Depending on whom you listen to, genetically modified crops are either ungodly Frankenfoods unfit for even a house pet or our only hope against famine in a post-climate-change world. Putting aside all the shouting, it’s interesting to examine how scientists modify plant genes. This is the story of how ordinary crops become transgenic crops.
The first step in the process is finding a useful gene. (In most cases, genetic modification involves adding genes to a plant rather than removing or disabling genes.) These discoveries can be serendipitous. Scientists around the globe are working furiously to map the species’s genomes. In some cases, they stumble across something useful, such as a gene that produces a fungus-fighting protein.
But multinational agricultural companies aren’t just hoping for some nerd in a university laboratory to get lucky. Instead, they’re spending huge sums hunting for genes that might fulfill pressing agricultural needs. This usually involves turning off or enhancing genes and observing the consequences. Does the change create pesticide tolerance? Does the fruit ripen more quickly? Those are indications that the gene could be promising.
Genes that enhance resistance to drought and heat are on the top of agribusiness wish lists, although researchers haven’t yet found anything particularly effective. That’s not surprising, considering that discovering useful genes is quite a bit harder than finding a needle in a haystack. Genetic code doesn’t have to come from another plant; it can come from just about anywhere: bacteria, fungi or even animals.
“Fundamentally, a strand of DNA is the same in animals and plants,” says Peter Pauls, a plant scientist at the University of Guelph in Ontario. “There are regulation systems around genes that make them work better in the organism they evolved in, but they code for the same protein in any organism.”
In other words, researchers are combing through the genome of the entire tree of life for a few promising base pairs. So looking for a drought-resistance gene is kind of like searching for a single needle that could be hidden in any haystack, anywhere on Earth.

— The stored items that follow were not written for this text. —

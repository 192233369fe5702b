-- ===== src/Lib.antt =====
-- Verification of smpp-js, an SMPP 3.4 client and server in TypeScript (src/).
--
-- A session reads a stream of octets. The framer cuts it into PDUs, the codec reads each one by the
-- table of its command, and the session answers it. Requests that go out wait for the link (link
-- life), then for a slot of the send window, and carry a sequence number until they are answered.
-- Messages in several segments, and their receipts, are collected in expiring groups.
--
-- The files, and the code that each is about:
--
-- - Framer: `PduFramer` of src/pdu-framer.ts, and `framingRefusal` of src/pdu-refusal.ts.
-- - Groups: `ExpiringGroups` of src/expiring-groups.ts.
-- - Window: `SendWindow` of src/send-window.ts with `IdleWaiters` of src/idle-waiters.ts.
-- - LinkLife: `LinkLife` of src/link-life.ts.
-- - SmsId: `normaliseSmsId`, `segmentId` and `parseSegmentId` of src/sms-id.ts.
-- - Wire: the field types of src/defs/types.ts, by their values and errors (Wire), the integers
--   (Wire/Ints), the texts and buffers (Wire/Texts) and the address arrays (Wire/Arrays).
-- - Constants: src/defs/constants.ts.
-- - Encodings: the alphabets of src/defs/encodings.ts.
-- - Message: `encodeBody`, `decodeMessage` and `splitMessage` of src/message.ts.
-- - Defs: the tables of src/defs/commands.ts (Defs/Commands) and src/defs/errors.ts (Defs/Errors), and
--   src/defs/tlvs.ts (Defs/Tlvs), with `writeTlvs` and `parseTlvs` in Defs/Tlvs/Codec.
-- - Pdu: src/pdu.ts. The header, the framing check and the mandatory parameters are in Pdu, `objToPdu`
--   in Pdu/Build, `pduToObj` and `pduReturn` in Pdu/Parse, with `refusalAnswer` of src/pdu-refusal.ts.
-- - Udh: `ConcatReference` and `concatInfo` of src/udh.ts.
-- - Pending: `PendingRequests` of src/pending-requests.ts.
-- - Retained: the parsed PDU of src/pdu.ts, with src/retained-pdu.ts and src/message-body.ts.
-- - Reassembly: `Reassembler` of src/reassembly.ts, on the expiring groups. The group that the source
--   changes in place is put back under its key (`hold`).
-- - Received: `concatOf` of src/concat.ts, and `decodeSegments` of src/reassembly.ts.
-- - SessionOptions: src/session-options.ts, the check of the options, with the window and the
--   reconnect loop that are made from them.
-- - DlrMerger: `DlrMerger` of src/dlr-merger.ts, on the expiring groups and the ids of SmsId.
-- - Reconnect: `ReconnectLoop` of src/reconnect-loop.ts; `connect` and `onConnected` are the
--   application's, and the calls say how each settled.
-- - Prelude: the names of the standard libraries that the files share, tests, lists, association
--   lists (for `Map` and records by name), digit strings and results.
--
-- A function of the source has the name of its definition in snake case. An object is a record, and a
-- method is a function of the record before it to the record after it, with what it returns. A Buffer
-- is the list of its octets, a text the list of its UTF-16 code units, save for the names of commands
-- and parameters, which are strings. A `Map` is an association list in insertion order. An object
-- by name is one too: `writeTlvs` takes the list that `Object.entries` makes of its inputs, numerals
-- first, and what `parseTlvs` makes is only found by key, so the order of its list stands for nothing. A
-- clock is an argument, in milliseconds. A promise is the answer that some later call lists for its
-- caller; a timer that fires and a signal that aborts are calls.
--
-- The loops without an evident bound run on fuel: the framer on the number of octets held, because
-- each round takes at least 16 of them, the eviction of groups on the number of groups held, because
-- each round takes one, and the walk over a user data header on its length, because each round moves
-- on by two octets at least, and the loop over TLVs on the length of the PDU, because each round moves
-- on by four. `none` is the run out of fuel, and in Udh also a read past the end, which throws.
--
-- Left out: sockets, logging and random identifiers; the dates of `smppDate` and `smppTime`, which rest
-- on the platform's calendar; and so far the layers above these components: the reading of receipts,
-- the sessions, clients and servers. A TLV key is a name or a canonical decimal numeral; an input is
-- taken by what `isTlvInput` says of it. A data_coding that is a number but no whole one from 0, which
-- the source reads by its low bits, is an error of its own in Pdu/Build.
mod Prelude
pub mod Framer
pub mod Groups
pub mod Window
pub mod LinkLife
pub mod SmsId
pub mod Wire
pub mod Defs
pub mod Pdu
pub mod Udh
pub mod Pending
pub mod Retained
pub mod Reassembly
pub mod Reconnect
pub mod Constants
pub mod Encodings
pub mod Message
pub mod Received
pub mod DlrMerger
pub mod SessionOptions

When they find a candidate gene, researchers place it in a test tube with an enzyme that “amplifies” the sample, meaning they make millions of copies of it. Then comes the complicated part: inserting the gene into the target crop’s genome.
For the sake of illustration, let’s assume we’re working with corn. Companies focus almost exclusively on high-value crops such as corn, soybeans and wheat because this research is expensive. There’s not a lot of money in genetically modified fava beans.
There are a couple of ways to modify a corn genome. The slightly crude method is to place a bunch of the sample genes onto small particles of tungsten or gold, then shoot them into a corn cell. Suddenly flooded with genetic information, the plant cell can’t help but integrate some of it into its own genome.
More often, however, scientists use microbes called agrobacteria, which Pauls calls “natural genetic engineers” because of their behavior in the wild.
When an ordinary agrobacterium infects a corn cell, it commandeers the corn cell’s machinery by inserting a gene sequence that tricks the corn into making nutrients to support the spread of the agrobacterium.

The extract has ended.